We were loud and hilarious. We broke the rules and didnt pay camp fees. We lived a simple, meager life to be able to climb all the time, sometimes collecting cans, selling some gear or starving to stay at the crags just one more week. We were young and felt invincible, and all we wanted to do is climb.

We would climb all day, then take off for a night time bouldering session at the drop if a hat. We found climbing partners wherever we could. It wasnt unusual to do a wall with someone that you had met the day before. There were so few climbers then that it was like we all belonged to one big club.

The top climbers of the day hung around the campfire at night and lived like everyone else. If you saw royal robbins, john gill or jim bridwell at the crags, you would say hi and maybe shoot the sh#t for a minute or two like you would with any other climber. We knew who the legends were, but they were all climbers like us, part of the brotherhood. The only news of who had done what came around the campfire, in the parking lot or at the crags.

We didnt hang on the rope because we wanted to climb it free. Aid climbs were starting to go free, and that was the goal. Hanging on gear was failure. If we fell, we said so. We didnt say "i climbed it" rather "i did it with a couple falls". Redpoint would have been synonomous with failure.
Runouts were expected, so you didnt get on a hard route until you were ready for it.

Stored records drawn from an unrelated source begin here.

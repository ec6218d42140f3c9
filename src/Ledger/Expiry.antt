-- ===== src/Ledger/Expiry.antt =====
-- A round of the timer (server/auction_engine.c) leaves no expired auction open.
use online_auction_system.Base.{
  ℕ, ◌≤◌, ◌≡◌, refl, some, none, true, false, not, arith, List, [], ◌∷◌, ◌∙◌, sym, subst, ap,
  Option-cases, Bool-cases, inl, inr, ◌⊎◌, ◌&&◌, ◌==◌, length, filter, get_elem?, All, All-imp,
  All-map, All-take, All-filter, All-unmap, All-filter_get, take_all,
}
use online_auction_system.Models.{Auction, zero_auction}
use online_auction_system.Store.{File, records, read_at, slot_of, replaced}
use online_auction_system.Store.Laws.{IsKeyed, read_at-replaced, write_back, slot_of-read}
use online_auction_system.Store.Scan.{collect, collect-eq-take}
use online_auction_system.World.{World}
use online_auction_system.World.FileIo.{read_auction}
use online_auction_system.Notify.Frame.{notify_auction_closed-OnlySends}
use online_auction_system.Wallet.Frame.{
  release_hold-SameElsewhere, settle_payment-SameElsewhere, credit_wallet-SameElsewhere,
}
use online_auction_system.BidHandler.{is_open}
use online_auction_system.AuctionEngine.{
  closed, reserve_met, settle_auction, release_auction, close_auction_internal, is_expired,
  timer_close, timer_close_all, timer_tick, timer_round, expired_ids,
}
use online_auction_system.Ledger.{auction_key, AuctionsReady, BooksMatch}
use online_auction_system.Ledger.Close.{settle_auction-files}
use online_auction_system.Ledger.Timer.{timer_close-KeepsMoney}

settle_auction-auctions : (a : Auction) (w : World) → (settle_auction a w).auctions ≡ w.auctions
settle_auction-auctions a w =
    (settle_auction-files a w).1
    ∙ ap (λ v. v.auctions) (credit_wallet-SameElsewhere a.seller_id a.current_bid _)
    ∙ ap (λ v. v.auctions) (settle_payment-SameElsewhere a.highest_bidder_id a.current_bid _)

release_auction-auctions : (a : Auction) (w : World) → (release_auction a w).auctions ≡ w.auctions
unfolding release_auction
release_auction-auctions a w =
    ap (λ v. v.auctions) (notify_auction_closed-OnlySends a.seller_id a.auction_id _)
    ∙ (elim (Bool-cases (a.highest_bidder_id == 0)) [
      | inl nobody ↦ rw nobody refl
      | inr somebody ↦
          rw somebody
            (ap (λ v. v.auctions) (release_hold-SameElsewhere a.highest_bidder_id a.current_bid w))
    ])

-- Closing writes the closed auction back, and no other auction.
pub close_auction_internal-auctions :
    {w : World} {a : Auction} (s : ℕ)
    → AuctionsReady w
    → read_at w.auctions s ≡ some a
    → (close_auction_internal a w).auctions ≡ replaced w.auctions s (closed a)
unfolding close_auction_internal
close_auction_internal-auctions {w} {a} s ready found =
    let wrote =
      write_back auction_key zero_auction w.auctions s (closed a) {old = a} ready.keyed found refl
        ready.writable in
    rw wrote (elim (Bool-cases (not (a.highest_bidder_id == 0) && reserve_met a)) [
      | inl won ↦ rw won (settle_auction-auctions (closed a) _)
      | inr lost ↦ rw lost (release_auction-auctions (closed a) _)
    ])

-- Record `i` is there.
abbrev pub IsThere : ℕ → File Auction → Type 0
IsThere i f = (a : Auction) × (read_at f i ≡ some a)

-- Record `i` is there, and its auction is not open.
abbrev pub IsShut : ℕ → File Auction → Type 0
IsShut i f = (a : Auction) × (read_at f i ≡ some a) × (is_open a.status ≡ false)

-- Closing the auction of one record shuts it, and no shut one opens.
close-IsShut :
    (f : File Auction) (s i : ℕ) {a : Auction}
    → read_at f s ≡ some a
    → (i ≡ s) ⊎ IsShut i f
    → IsShut i (replaced f s (closed a))
close-IsShut f s i {a} found h = elim (Bool-cases (i == s)) [
  | inl same ↦ (closed a, read_at-replaced f s i (closed a) found ∙ rw same refl, refl)
  | inr other ↦ elim h [
    | inl e ↦ absurd (ground arith)
    | inr (b, there, shut) ↦ (b, read_at-replaced f s i (closed a) found ∙ rw other there, shut)
  ]
]

close-IsThere :
    (f : File Auction) (s i : ℕ) {a : Auction}
    → read_at f s ≡ some a
    → IsThere i f
    → IsThere i (replaced f s (closed a))
close-IsThere f s i {a} found (b, there) = elim (Bool-cases (i == s)) [
  | inl same ↦ (closed a, read_at-replaced f s i (closed a) found ∙ rw same refl)
  | inr other ↦ (b, read_at-replaced f s i (closed a) found ∙ rw other there)
]

-- A property of auctions.dat after `timer_close`, in each of its cases.
timer_close-cases {ℓ} :
    (P : File Auction → Type ℓ) (id : ℕ) (w : World)
    → AuctionsReady w
    → (read_auction id w ≡ none → P w.auctions)
    → ((a : Auction) → read_auction id w ≡ some a → is_open a.status ≡ false → P w.auctions)
    → ((a : Auction) → read_auction id w ≡ some a → P (replaced w.auctions (slot_of id) (closed a)))
    → P (timer_close id w).auctions
unfolding timer_close
timer_close-cases P id w ready absent shut opened = elim (Option-cases (read_auction id w)) [
  | inl e ↦ rw (e, timer_close) (absent e)
  | inr (a, e) ↦ elim (Bool-cases (is_open a.status)) [
    | inl o ↦
        rw (e, o, timer_close, close_auction_internal-auctions (slot_of id) ready e) (opened a e)
    | inr s ↦ rw (e, s, timer_close) (shut a e s)
  ]
]

timer_close-IsShut :
    (id i : ℕ) (w : World)
    → AuctionsReady w
    → IsThere i w.auctions
    → (i ≡ slot_of id) ⊎ IsShut i w.auctions
    → IsShut i (timer_close id w).auctions
timer_close-IsShut id i w ready (b, there) h =
    timer_close-cases (IsShut i) id w ready
      (λ absent. elim h [
        | inl e ↦
            let q : none ≡ some b =
              sym absent ∙ subst (λ j. read_at w.auctions j ≡ some b) e there in
            absurd cc
        | inr k ↦ k
      ])
      (λ a found shut. elim h [ inl e ↦ (a, rw e found, shut) | inr k ↦ k ])
      λ a found. close-IsShut w.auctions (slot_of id) i found h

timer_close-IsThere :
    (id i : ℕ) (w : World)
    → AuctionsReady w
    → IsThere i w.auctions
    → IsThere i (timer_close id w).auctions
timer_close-IsThere id i w ready there =
    timer_close-cases (IsThere i) id w ready (λ absent. there) (λ a found shut. there)
      λ a found. close-IsThere w.auctions (slot_of id) i found there

timer_close_all-keeps_IsShut :
    (ids : List ℕ) (i : ℕ) {w : World}
    → BooksMatch w
    → IsShut i w.auctions
    → IsShut i (timer_close_all ids w).auctions
unfolding timer_close_all
timer_close_all-keeps_IsShut [] i m shut = shut
timer_close_all-keeps_IsShut (id ∷ ids) i {w} m shut =
    timer_close_all-keeps_IsShut ids i (timer_close-KeepsMoney id m).books
      (timer_close-IsShut id i w m.auctions_ready (shut.0, shut.1) (inr shut))

timer_close_all-IsShut :
    (ids : List ℕ) {w : World}
    → BooksMatch w
    → All (λ id. IsThere (slot_of id) w.auctions) ids
    → All (λ id. IsShut (slot_of id) (timer_close_all ids w).auctions) ids
unfolding timer_close_all
timer_close_all-IsShut [] m there = tt
timer_close_all-IsShut (id ∷ ids) {w} m there =
    let m1 = (timer_close-KeepsMoney id m).books in
    let ready = m.auctions_ready in
    (
      timer_close_all-keeps_IsShut ids (slot_of id) m1
          (timer_close-IsShut id (slot_of id) w ready there.0 (inl refl)),
      timer_close_all-IsShut ids m1
          (All-imp _ _ ids (λ j. timer_close-IsThere id (slot_of j) w ready) there.1),
    )

-- The ids of the auctions that a round collects stand in auctions.dat.
expired_ids-IsThere :
    (now : ℕ) (f : File Auction)
    → IsKeyed auction_key f
    → All (λ id. IsThere (slot_of id) f) (expired_ids now (records f))
unfolding read_at
expired_ids-IsThere now f keyed = rw (collect-eq-take (is_expired now) 64 (records f)) (
    All-map _ auction_key _ (
      All-take _ 64 _ (
        All-filter _ (is_expired now) (records f)
          (λ i a found. (a, rw (slot_of-read auction_key f i keyed found) found)))))

-- After a round of the timer at which at most 64 open auctions have expired, none of them is open.
pub timer_tick-IsShut :
    {w : World} {all : List Auction}
    → BooksMatch w
    → w.auctions.contents ≡ some all
    → length (filter (is_expired w.now) all) ≤ 64
    → (i : ℕ) (a : Auction) → get_elem? all i ≡ some a
    → is_expired w.now a ≡ true
    → IsShut i (timer_tick w).auctions
unfolding timer_tick timer_round read_at
timer_tick-IsShut {w} {all} m contents few i a found expired =
    let same : records w.auctions ≡ all = rw contents refl in
    let ids = expired_ids w.now all in
    let w' = timer_close_all ids w in
    let there : All (λ id. IsThere (slot_of id) w.auctions) ids =
      subst (λ xs. All (λ id. IsThere (slot_of id) w.auctions) (expired_ids w.now xs)) same
        (expired_ids-IsThere w.now w.auctions m.auctions_ready.keyed) in
    let shut =
      All-unmap (λ id. IsShut (slot_of id) w'.auctions) auction_key _
        (timer_close_all-IsShut ids m there) in
    let slot =
      slot_of-read auction_key w.auctions i {v = a} m.auctions_ready.keyed (rw same found) in
    let collected : collect (is_expired w.now) 64 all ≡ filter (is_expired w.now) all =
      collect-eq-take (is_expired w.now) 64 all ∙ take_all 64 _ few in
    let mine =
      All-filter_get (λ b. IsShut (slot_of b.auction_id) w'.auctions) (is_expired w.now) all i
        (subst (All (λ b. IsShut (slot_of b.auction_id) w'.auctions)) collected shut) found
        expired in
    subst (λ c. IsShut i (timer_round c w).auctions) (sym contents)
      (subst (λ j. IsShut j w'.auctions) slot mine)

Our gear was simple and well used. Our rack consisted of hand tied runners made of 1" tubular webbing, hexes and stoppers on hand tied slings and wired stoppers, worn on a shoulder sling. We wore swami belts and belayed sitting in butt bags. Carabiners were ovals or D's. Bolts were hand drilled 1/4" buttonheads, and we thought they were bomber.

There was no goretex, cams, gri gris or stickey rubber. Chalk bags were stuff sacks or home made for the longest time. We wore our EBs until they had holes in the toes then switched feet and kept climbing. We had a carpet square for a crash pad, used hip belays and rappelled using a carabiner brake. We wore baggy pants, wool sweaters, 60-40 parkas and pile jackets.

Climbing was not for the faint of heart back then, and thats how we liked it. You had to know how to suffer and how to stay alive in the mountains. It was a communion with nature, the rock and our fellow climbers. I lived it for many years and i miss it badly.
healyje

Trad climber
Portland, Oregon
Dec 4, 2018 - 12:17am PT

If you went to the Gunks, Eldo or the Valley the air was filled with the sound of "falling...!!!" as opposed to "take...!!!"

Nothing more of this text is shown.